From Figure 2 it can be seen that, for a street of high vulnerability and low protection, the environmental capacity is little more than 50 p.c.u. per hour. This can be compared with the present peak hour flow of 500 p.c.u. We think, for all the crudeness of the method, that this example illustrates the great advantage of making an attempt to quantify these matters and to introduce performance standards. Virtually no yardstick has existed previously, but as a result of the assessments outlined here we feel some confidence in saying that the street in question is carrying ten times the amount of traffic that it should carry at the peak hour if tolerable conditions are to be secured for the people who live in it.

16

If the through traffic could be removed entirely from the street, the peak hour flow would be about 100 p.c.u. which is still higher than the environmental capacity. But it can be seen from Figure 2 that if the carriageway with were reduced to 18 ft. the acceptable flow could rise to 120 p.c.u. per hour without affecting the delay to pedestrians trying to cross. The wide pavements that would result would greatly improve the environment of the street, though doubtless in practice some space would have to be allocated for grouped lay-bys for parking.

17

Another method of increasing the environmental capacity would be by reducing the vulnerability level of the street.

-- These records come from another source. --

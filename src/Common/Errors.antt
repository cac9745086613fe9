-- ===== src/Common/Errors.antt =====
-- A Go result `(A, error)`: a value, or an error of the component's own type.
pub mod Members
use mathlib.Core.Path.{◌≡◌, refl}
use mathlib.Core.Logic.{◌⊎◌, inl, inr}
use mathlib.Core.List.{List, [], ◌∷◌, map}
use mathlib.Core.Option.{Option, none, some}
use Prim.Native.Nat.{ℕ, suc}
use avella.Common.Lists.{All}

pub data Result {ℓ} (E : Type 0) (A : Type ℓ) : Type ℓ where
  ok : A → Result E A
  err : E → Result E A

-- Both compute on a result that is known.
infixl 5 ◌>>=◌ ◌>>◌
abbrev pub ◌>>=◌ {ℓ κ} :
    {E : Type 0} {A : Type ℓ} {B : Type κ} → Result E A → (A → Result E B) → Result E B
err e >>= rest = err e
ok x >>= rest = rest x

abbrev pub ◌>>◌ {ℓ} : {E : Type 0} {B : Type ℓ} → Result E (Unit {0}) → Result E B → Result E B
m >> k = m >>= λ _. k

abbrev pub map_error {ℓ} : {E F : Type 0} {A : Type ℓ} → (E → F) → Result E A → Result F A
map_error f (ok a) = ok a
map_error f (err e) = err (f e)

abbrev pub or_fail {ℓ} : {E : Type 0} {A : Type ℓ} → Option A → E → Result E A
or_fail none e = err e
or_fail (some a) e = ok a

pub Result-cases {ℓ} :
    {E : Type 0} {A : Type ℓ} (r : Result E A) → ((a : A) × (r ≡ ok a)) ⊎ ((e : E) × (r ≡ err e))
Result-cases (ok a) = inl (a, refl)
Result-cases (err e) = inr (e, refl)

-- Inversion of a step that succeeded: what it returned, and what the rest made of it.
pub >>=-eq-ok {ℓ κ} :
    {E : Type 0} {A : Type ℓ} {C : Type κ} (r : Result E A) (rest : A → Result E C) {c : C}
    → (r >>= rest) ≡ ok c
    → (x : A) × (r ≡ ok x) × (rest x ≡ ok c)
>>=-eq-ok (err e) rest done = cc
>>=-eq-ok (ok x) rest done = (x, refl, done)

pub ok-injective {ℓ} :
    {E : Type 0} {A : Type ℓ} {a b : A} → ◌≡◌ {A = Result E A} (ok a) (ok b) → a ≡ b
ok-injective h = cc

-- A loop that turns each element, up to the first error. `i` is the first element's index.
unfoldable pub traverse {ℓ κ} :
    {E : Type 0} {A : Type ℓ} {B : Type κ} → (ℕ → A → Result E B) → ℕ → List A → Result E (List B)
traverse f i [] = ok []
traverse f i (x ∷ xs) = do y ← f i x; ys ← traverse f (suc i) xs; ok (y ∷ ys)

module _ {ℓ κ} {E : Type 0} {A : Type ℓ} {B : Type κ} (f : ℕ → A → Result E B) where
  -- What every element keeps, the lists keep.
  pub traverse-map {ν} :
      {C : Type ν} (g : B → C) (h : A → C)
      → ((i : ℕ) (a : A) (b : B) → f i a ≡ ok b → g b ≡ h a)
      → (i : ℕ) (xs : List A) (ys : List B) → traverse f i xs ≡ ok ys
      → map g ys ≡ map h xs
  unfolding traverse
  traverse-map g h keep i [] ys e = rw (← ok-injective e)
  traverse-map g h keep i (x ∷ xs) ys e =
      let (y, ey, e') = >>=-eq-ok (f i x) _ e in
      let (ys', es, e'') = >>=-eq-ok (traverse f (suc i) xs) _ e' in
      rw (← ok-injective e'') (cc (keep i x y ey, traverse-map g h keep (suc i) xs ys' es))

  -- A loop over elements that all succeed succeeds.
  pub traverse_total {ν} :
      (P : A → Type ν)
      → ((i : ℕ) (a : A) → P a → (b : B) × (f i a ≡ ok b))
      → (i : ℕ) (xs : List A) → All P xs
      → (ys : List B) × (traverse f i xs ≡ ok ys)
  unfolding traverse
  traverse_total P step i [] h = ([], refl)
  traverse_total P step i (x ∷ xs) h =
      let (y, ey) = step i x h.0 in
      let (ys, es) = traverse_total P step (suc i) xs h.1 in (y ∷ ys, rw (ey, es))
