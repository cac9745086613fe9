-- ===== src/Common/Text.antt =====
-- Go strings as their bytes.
use Prim.Native.Char.{code}
use Prim.Native.Nat.{ℕ}
use Prim.Native.String.{String}
use mathlib.Core.List.{List, [], ◌∷◌}
use native.Mathlib.Decide.{ℕ_discrete}
use avella.Common.Tests.{Eq}

abbrev pub Text : Type 0
Text = List ℕ

-- A literal of ASCII characters.
abbrev pub str : String → Text
str String.[] = []
str (String.◌∷◌ c s) = code c ∷ str s

Text-discrete : Discrete Text
Text-discrete = hlevel ℕ_discrete

-- Shut in proofs, where a split on `s == t` yields the equation or its negation.
instance unfoldable pub text_eq : Eq Text
unfolding Text-discrete
text_eq = record { dec = Text-discrete }

Texts-discrete : Discrete (List Text)
Texts-discrete = hlevel Text-discrete

instance unfoldable pub texts_eq : Eq (List Text)
unfolding Texts-discrete Text-discrete
texts_eq = record { dec = Texts-discrete }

The main way in which this could be done, short of redevelopment, would be by providing off-street play areas for children. We think this would form an important component of the technique of environmental management outlined previously in the Leeds study.

18

We mention finally one clear impression we obtained from the cases we studied—that in residential access streets vehicle speeds in excess of 20 m.p.h. were incompatible with the needs of pedestrians and the environment generally.